» **To do**: With both ends included, repeat exactly the lines of the entries below from the one containing "let (lead, text, split, old, cover) = h.copied x" down to the one containing "t.tx_queued ≤ s.tx_queued", and no others.
───── Data to process ─────
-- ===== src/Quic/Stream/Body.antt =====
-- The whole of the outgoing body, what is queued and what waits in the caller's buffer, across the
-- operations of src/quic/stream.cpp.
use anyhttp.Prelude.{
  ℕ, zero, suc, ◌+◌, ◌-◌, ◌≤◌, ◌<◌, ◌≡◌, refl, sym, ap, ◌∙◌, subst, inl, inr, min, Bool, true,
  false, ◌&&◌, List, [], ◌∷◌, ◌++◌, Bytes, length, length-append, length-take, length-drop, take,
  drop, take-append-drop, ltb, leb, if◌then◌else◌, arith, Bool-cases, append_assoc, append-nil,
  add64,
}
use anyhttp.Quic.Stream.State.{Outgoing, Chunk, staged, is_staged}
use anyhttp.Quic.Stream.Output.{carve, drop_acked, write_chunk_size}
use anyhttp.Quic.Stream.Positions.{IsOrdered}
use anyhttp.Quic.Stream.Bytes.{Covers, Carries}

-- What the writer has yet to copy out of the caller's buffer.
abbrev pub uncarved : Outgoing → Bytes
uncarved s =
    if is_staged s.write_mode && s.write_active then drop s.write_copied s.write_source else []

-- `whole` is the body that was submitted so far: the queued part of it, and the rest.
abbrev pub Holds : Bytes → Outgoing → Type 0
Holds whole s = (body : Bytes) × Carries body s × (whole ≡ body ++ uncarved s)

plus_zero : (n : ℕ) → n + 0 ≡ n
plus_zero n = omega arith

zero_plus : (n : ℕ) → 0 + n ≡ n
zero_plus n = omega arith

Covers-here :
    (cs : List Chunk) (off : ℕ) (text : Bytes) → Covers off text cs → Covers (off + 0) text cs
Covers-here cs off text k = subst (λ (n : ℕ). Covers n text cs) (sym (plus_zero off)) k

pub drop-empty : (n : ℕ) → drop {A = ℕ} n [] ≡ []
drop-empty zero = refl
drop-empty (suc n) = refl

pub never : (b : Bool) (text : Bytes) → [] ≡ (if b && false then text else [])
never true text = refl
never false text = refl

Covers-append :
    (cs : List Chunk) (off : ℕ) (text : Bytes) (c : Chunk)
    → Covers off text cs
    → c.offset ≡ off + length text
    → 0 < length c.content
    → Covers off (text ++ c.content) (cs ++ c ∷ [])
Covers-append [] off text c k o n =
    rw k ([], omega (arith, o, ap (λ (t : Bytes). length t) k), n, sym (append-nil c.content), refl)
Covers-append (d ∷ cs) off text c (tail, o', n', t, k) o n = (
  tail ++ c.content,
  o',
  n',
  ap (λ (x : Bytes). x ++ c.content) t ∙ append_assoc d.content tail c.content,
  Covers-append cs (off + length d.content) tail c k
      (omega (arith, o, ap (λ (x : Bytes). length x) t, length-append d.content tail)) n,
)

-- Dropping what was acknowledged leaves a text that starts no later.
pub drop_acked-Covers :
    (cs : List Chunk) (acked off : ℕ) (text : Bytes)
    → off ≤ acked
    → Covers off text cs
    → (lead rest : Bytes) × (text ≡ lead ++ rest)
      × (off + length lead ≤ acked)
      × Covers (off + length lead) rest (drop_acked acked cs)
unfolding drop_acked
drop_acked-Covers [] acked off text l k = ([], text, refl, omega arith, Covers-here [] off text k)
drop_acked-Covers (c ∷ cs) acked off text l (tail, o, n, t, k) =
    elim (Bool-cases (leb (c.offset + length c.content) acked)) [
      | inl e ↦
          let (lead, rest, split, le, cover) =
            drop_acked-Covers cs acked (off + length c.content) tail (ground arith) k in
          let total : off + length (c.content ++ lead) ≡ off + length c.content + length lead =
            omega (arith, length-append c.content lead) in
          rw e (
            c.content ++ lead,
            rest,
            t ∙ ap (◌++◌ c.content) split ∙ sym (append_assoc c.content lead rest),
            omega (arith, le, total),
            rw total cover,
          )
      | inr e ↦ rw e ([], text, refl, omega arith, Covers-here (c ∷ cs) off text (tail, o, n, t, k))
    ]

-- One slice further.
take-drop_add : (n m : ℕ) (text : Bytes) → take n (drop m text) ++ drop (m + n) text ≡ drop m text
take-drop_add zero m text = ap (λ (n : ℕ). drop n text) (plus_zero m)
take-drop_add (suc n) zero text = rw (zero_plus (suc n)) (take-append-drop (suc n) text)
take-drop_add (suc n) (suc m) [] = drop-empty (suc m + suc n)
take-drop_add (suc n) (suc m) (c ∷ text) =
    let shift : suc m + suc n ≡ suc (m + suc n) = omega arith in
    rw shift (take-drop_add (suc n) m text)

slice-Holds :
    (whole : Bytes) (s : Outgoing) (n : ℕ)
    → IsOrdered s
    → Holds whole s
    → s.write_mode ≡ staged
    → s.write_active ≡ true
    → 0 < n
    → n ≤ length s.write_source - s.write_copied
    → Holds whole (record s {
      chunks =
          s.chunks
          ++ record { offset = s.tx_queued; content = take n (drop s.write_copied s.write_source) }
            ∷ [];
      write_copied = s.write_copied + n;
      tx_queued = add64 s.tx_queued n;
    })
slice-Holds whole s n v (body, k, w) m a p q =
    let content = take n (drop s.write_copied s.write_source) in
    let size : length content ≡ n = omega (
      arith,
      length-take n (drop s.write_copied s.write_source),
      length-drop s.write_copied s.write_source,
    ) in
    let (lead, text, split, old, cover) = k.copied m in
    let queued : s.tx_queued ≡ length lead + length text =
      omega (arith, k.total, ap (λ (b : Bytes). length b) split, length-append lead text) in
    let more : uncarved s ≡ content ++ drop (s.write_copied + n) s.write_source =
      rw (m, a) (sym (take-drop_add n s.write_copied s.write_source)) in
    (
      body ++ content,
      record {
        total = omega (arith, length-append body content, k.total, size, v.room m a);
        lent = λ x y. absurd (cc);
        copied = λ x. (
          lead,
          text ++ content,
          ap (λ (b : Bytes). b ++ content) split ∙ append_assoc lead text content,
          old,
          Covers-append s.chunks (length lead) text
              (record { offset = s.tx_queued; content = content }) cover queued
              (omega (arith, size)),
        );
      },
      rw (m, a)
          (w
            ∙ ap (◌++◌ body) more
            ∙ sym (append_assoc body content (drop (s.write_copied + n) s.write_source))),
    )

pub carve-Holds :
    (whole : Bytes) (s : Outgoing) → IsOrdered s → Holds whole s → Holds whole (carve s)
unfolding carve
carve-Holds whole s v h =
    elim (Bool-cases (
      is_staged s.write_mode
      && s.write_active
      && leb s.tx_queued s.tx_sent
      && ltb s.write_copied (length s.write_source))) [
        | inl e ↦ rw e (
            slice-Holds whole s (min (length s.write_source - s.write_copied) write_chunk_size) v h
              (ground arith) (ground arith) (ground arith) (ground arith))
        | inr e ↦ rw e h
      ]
─────
───── Data to process ─────
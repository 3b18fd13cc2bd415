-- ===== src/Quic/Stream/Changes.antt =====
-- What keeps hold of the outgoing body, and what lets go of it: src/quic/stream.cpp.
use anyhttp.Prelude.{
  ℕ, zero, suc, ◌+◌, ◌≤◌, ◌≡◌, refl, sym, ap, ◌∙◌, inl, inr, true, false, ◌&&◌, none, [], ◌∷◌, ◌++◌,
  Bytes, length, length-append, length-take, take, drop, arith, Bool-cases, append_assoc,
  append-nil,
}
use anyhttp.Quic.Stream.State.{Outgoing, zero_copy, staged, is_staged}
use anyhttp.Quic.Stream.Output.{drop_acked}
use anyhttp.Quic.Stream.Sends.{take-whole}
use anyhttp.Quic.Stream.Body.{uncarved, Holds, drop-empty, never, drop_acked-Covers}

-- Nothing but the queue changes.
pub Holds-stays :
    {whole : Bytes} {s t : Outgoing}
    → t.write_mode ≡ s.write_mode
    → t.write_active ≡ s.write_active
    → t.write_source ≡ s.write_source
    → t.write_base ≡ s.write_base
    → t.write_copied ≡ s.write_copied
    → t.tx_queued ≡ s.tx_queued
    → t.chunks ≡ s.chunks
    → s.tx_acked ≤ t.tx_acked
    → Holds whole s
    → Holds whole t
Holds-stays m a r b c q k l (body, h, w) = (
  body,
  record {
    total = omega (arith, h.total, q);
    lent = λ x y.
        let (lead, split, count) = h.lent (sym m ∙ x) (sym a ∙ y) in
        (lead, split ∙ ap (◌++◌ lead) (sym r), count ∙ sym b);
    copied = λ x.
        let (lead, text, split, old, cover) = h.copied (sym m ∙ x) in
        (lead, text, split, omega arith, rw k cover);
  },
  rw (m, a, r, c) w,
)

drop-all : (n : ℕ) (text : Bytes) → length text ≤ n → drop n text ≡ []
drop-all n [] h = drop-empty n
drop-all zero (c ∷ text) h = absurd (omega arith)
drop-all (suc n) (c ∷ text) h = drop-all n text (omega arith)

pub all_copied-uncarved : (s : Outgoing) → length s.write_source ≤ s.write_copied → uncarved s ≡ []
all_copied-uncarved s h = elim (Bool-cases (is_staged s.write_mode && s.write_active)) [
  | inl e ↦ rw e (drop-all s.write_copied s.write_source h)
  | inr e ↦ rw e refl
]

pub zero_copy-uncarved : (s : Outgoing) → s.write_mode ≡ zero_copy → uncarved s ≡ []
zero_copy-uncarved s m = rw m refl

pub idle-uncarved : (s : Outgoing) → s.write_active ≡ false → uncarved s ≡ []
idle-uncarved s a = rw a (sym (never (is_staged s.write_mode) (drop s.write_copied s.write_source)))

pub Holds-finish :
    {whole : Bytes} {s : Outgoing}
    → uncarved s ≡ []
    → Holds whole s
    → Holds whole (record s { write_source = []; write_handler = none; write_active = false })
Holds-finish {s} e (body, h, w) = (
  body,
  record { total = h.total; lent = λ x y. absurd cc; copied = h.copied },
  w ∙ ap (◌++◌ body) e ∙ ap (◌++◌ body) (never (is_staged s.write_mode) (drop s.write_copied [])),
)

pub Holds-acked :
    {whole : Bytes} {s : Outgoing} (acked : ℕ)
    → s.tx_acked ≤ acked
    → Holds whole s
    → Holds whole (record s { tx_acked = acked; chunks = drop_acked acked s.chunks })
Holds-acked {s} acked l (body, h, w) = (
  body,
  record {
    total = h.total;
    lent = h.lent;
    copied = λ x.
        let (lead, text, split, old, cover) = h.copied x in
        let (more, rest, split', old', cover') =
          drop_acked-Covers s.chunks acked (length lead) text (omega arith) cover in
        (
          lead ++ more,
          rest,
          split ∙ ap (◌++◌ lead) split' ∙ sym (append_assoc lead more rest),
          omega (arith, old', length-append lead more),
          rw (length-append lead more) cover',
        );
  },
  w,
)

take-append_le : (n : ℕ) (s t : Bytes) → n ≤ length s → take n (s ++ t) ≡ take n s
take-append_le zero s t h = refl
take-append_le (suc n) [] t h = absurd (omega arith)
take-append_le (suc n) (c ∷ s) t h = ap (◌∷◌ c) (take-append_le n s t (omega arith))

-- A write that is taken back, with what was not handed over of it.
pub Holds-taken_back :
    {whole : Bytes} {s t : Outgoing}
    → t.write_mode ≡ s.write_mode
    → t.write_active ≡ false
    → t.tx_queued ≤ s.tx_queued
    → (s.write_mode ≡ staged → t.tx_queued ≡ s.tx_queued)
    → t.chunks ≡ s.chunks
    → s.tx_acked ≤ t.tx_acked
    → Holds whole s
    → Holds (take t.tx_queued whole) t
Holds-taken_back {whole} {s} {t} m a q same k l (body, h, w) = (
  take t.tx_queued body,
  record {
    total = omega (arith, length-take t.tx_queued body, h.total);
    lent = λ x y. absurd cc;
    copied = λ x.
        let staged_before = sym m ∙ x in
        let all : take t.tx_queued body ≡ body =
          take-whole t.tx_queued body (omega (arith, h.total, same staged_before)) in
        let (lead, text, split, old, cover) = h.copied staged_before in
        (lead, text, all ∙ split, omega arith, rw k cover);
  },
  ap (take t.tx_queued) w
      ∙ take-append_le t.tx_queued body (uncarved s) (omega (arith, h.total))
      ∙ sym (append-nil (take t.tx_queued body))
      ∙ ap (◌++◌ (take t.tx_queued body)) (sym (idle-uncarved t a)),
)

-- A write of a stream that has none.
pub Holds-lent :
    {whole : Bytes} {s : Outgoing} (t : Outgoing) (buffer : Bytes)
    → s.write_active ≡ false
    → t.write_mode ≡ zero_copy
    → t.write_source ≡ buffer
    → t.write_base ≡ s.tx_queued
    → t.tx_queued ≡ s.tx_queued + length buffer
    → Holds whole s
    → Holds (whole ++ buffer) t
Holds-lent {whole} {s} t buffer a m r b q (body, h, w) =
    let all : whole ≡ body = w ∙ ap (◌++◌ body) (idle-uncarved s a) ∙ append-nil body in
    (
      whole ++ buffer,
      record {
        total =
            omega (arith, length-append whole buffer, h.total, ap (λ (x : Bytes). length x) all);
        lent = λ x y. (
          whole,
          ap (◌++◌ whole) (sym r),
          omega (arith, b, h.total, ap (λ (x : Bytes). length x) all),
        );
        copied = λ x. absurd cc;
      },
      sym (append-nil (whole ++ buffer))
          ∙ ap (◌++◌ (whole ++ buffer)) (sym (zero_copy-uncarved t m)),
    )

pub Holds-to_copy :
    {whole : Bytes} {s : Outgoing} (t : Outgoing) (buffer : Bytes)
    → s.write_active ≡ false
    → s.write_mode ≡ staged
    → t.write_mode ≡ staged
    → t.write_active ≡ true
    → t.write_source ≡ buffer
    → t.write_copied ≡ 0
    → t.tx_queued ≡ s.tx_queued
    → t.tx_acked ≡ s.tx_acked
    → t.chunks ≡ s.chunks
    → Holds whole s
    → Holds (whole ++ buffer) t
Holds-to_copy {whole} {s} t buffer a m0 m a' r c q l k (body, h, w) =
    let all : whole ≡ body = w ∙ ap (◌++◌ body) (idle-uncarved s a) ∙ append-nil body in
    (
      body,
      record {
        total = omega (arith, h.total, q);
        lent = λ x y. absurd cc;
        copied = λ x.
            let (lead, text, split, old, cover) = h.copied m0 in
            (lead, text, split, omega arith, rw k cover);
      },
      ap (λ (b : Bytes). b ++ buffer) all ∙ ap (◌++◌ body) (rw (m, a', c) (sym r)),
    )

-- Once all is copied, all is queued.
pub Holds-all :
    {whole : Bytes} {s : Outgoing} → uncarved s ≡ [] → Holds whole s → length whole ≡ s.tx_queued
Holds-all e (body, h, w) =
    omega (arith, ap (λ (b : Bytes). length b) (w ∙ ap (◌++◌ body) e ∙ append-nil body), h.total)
─────
───── Data to process ─────
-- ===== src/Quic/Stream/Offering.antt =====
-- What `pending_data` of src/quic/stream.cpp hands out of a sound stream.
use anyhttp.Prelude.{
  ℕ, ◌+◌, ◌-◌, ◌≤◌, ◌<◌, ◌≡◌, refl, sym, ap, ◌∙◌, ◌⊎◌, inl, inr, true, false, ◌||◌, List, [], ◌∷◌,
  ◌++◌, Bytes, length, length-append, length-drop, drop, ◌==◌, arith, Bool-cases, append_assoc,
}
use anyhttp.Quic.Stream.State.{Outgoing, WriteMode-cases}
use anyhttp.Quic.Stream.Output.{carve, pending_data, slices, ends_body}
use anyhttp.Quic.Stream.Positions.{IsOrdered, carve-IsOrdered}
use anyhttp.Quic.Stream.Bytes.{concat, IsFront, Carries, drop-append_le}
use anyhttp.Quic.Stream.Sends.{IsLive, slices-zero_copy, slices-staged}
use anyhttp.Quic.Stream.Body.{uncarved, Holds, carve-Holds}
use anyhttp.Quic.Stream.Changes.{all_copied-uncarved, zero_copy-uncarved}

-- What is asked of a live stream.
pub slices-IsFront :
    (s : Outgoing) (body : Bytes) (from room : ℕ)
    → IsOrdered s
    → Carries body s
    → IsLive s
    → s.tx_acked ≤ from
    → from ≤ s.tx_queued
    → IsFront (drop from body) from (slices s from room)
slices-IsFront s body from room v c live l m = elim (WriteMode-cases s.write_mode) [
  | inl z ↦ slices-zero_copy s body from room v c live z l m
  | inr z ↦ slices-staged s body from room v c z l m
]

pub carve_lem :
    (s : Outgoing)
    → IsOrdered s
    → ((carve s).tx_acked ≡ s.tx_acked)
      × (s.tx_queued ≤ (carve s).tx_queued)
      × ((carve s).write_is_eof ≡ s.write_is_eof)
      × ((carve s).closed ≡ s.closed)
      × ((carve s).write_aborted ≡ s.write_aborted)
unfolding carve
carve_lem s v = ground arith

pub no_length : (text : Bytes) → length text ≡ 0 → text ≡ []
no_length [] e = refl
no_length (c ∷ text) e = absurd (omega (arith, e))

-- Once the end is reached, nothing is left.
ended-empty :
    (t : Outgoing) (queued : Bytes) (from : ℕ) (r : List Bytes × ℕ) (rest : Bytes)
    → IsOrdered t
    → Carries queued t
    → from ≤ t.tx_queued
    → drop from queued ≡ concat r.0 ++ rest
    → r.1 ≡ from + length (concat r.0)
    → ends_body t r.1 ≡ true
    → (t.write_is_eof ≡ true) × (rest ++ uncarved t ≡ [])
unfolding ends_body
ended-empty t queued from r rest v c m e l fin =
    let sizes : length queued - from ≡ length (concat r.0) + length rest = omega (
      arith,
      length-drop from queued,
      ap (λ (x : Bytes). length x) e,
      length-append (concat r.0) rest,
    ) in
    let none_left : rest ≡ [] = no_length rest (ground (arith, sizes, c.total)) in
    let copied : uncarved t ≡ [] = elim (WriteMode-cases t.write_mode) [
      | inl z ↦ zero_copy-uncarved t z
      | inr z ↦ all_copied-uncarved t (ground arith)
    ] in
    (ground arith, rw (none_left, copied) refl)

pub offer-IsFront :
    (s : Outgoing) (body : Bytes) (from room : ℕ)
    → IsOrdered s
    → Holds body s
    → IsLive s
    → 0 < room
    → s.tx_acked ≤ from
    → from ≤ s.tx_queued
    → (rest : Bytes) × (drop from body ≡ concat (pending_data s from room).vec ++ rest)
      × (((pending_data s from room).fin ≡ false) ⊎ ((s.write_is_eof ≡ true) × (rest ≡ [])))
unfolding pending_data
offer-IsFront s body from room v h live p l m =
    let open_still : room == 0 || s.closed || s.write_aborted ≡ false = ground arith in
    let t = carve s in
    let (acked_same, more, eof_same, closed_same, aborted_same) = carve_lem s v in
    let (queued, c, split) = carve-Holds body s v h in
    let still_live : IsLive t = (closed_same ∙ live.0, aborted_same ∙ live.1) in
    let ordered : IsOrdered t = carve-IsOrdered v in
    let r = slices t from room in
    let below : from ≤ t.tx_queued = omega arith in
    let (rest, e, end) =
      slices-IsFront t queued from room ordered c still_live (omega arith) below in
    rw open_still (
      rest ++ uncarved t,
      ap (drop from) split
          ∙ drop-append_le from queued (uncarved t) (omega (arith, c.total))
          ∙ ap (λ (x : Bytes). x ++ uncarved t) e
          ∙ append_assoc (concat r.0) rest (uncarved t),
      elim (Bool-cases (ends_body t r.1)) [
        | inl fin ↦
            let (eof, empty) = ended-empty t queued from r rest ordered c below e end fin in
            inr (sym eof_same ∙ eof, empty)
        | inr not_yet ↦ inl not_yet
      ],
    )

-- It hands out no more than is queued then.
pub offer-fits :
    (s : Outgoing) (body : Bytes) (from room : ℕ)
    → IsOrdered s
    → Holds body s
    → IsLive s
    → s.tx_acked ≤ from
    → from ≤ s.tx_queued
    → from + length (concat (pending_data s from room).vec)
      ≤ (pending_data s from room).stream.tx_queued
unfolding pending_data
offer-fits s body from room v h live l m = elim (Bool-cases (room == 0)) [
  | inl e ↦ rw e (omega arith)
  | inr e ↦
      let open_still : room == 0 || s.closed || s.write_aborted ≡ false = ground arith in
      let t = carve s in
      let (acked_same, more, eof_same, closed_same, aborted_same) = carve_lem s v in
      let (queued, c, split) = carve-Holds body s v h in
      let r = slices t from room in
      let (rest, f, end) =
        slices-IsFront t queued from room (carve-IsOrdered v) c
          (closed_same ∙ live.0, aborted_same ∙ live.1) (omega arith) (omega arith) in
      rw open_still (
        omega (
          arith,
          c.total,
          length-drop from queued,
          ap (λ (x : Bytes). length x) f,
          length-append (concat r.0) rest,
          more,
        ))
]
─────
» **Finished exercise**:
        let (lead, text, split, old, cover) = h.copied x in
        let (more, rest, split', old', cover') =
          drop_acked-Covers s.chunks acked (length lead) text (omega arith) cover in
        (
          lead ++ more,
          rest,
          split ∙ ap (◌++◌ lead) split' ∙ sym (append_assoc lead more rest),
          omega (arith, old', length-append lead more),
          rw (length-append lead more) cover',
        );
  },
  w,
)

take-append_le : (n : ℕ) (s t : Bytes) → n ≤ length s → take n (s ++ t) ≡ take n s
take-append_le zero s t h = refl
take-append_le (suc n) [] t h = absurd (omega arith)
take-append_le (suc n) (c ∷ s) t h = ap (◌∷◌ c) (take-append_le n s t (omega arith))

-- A write that is taken back, with what was not handed over of it.
pub Holds-taken_back :
    {whole : Bytes} {s t : Outgoing}
    → t.write_mode ≡ s.write_mode
    → t.write_active ≡ false
    → t.tx_queued ≤ s.tx_queued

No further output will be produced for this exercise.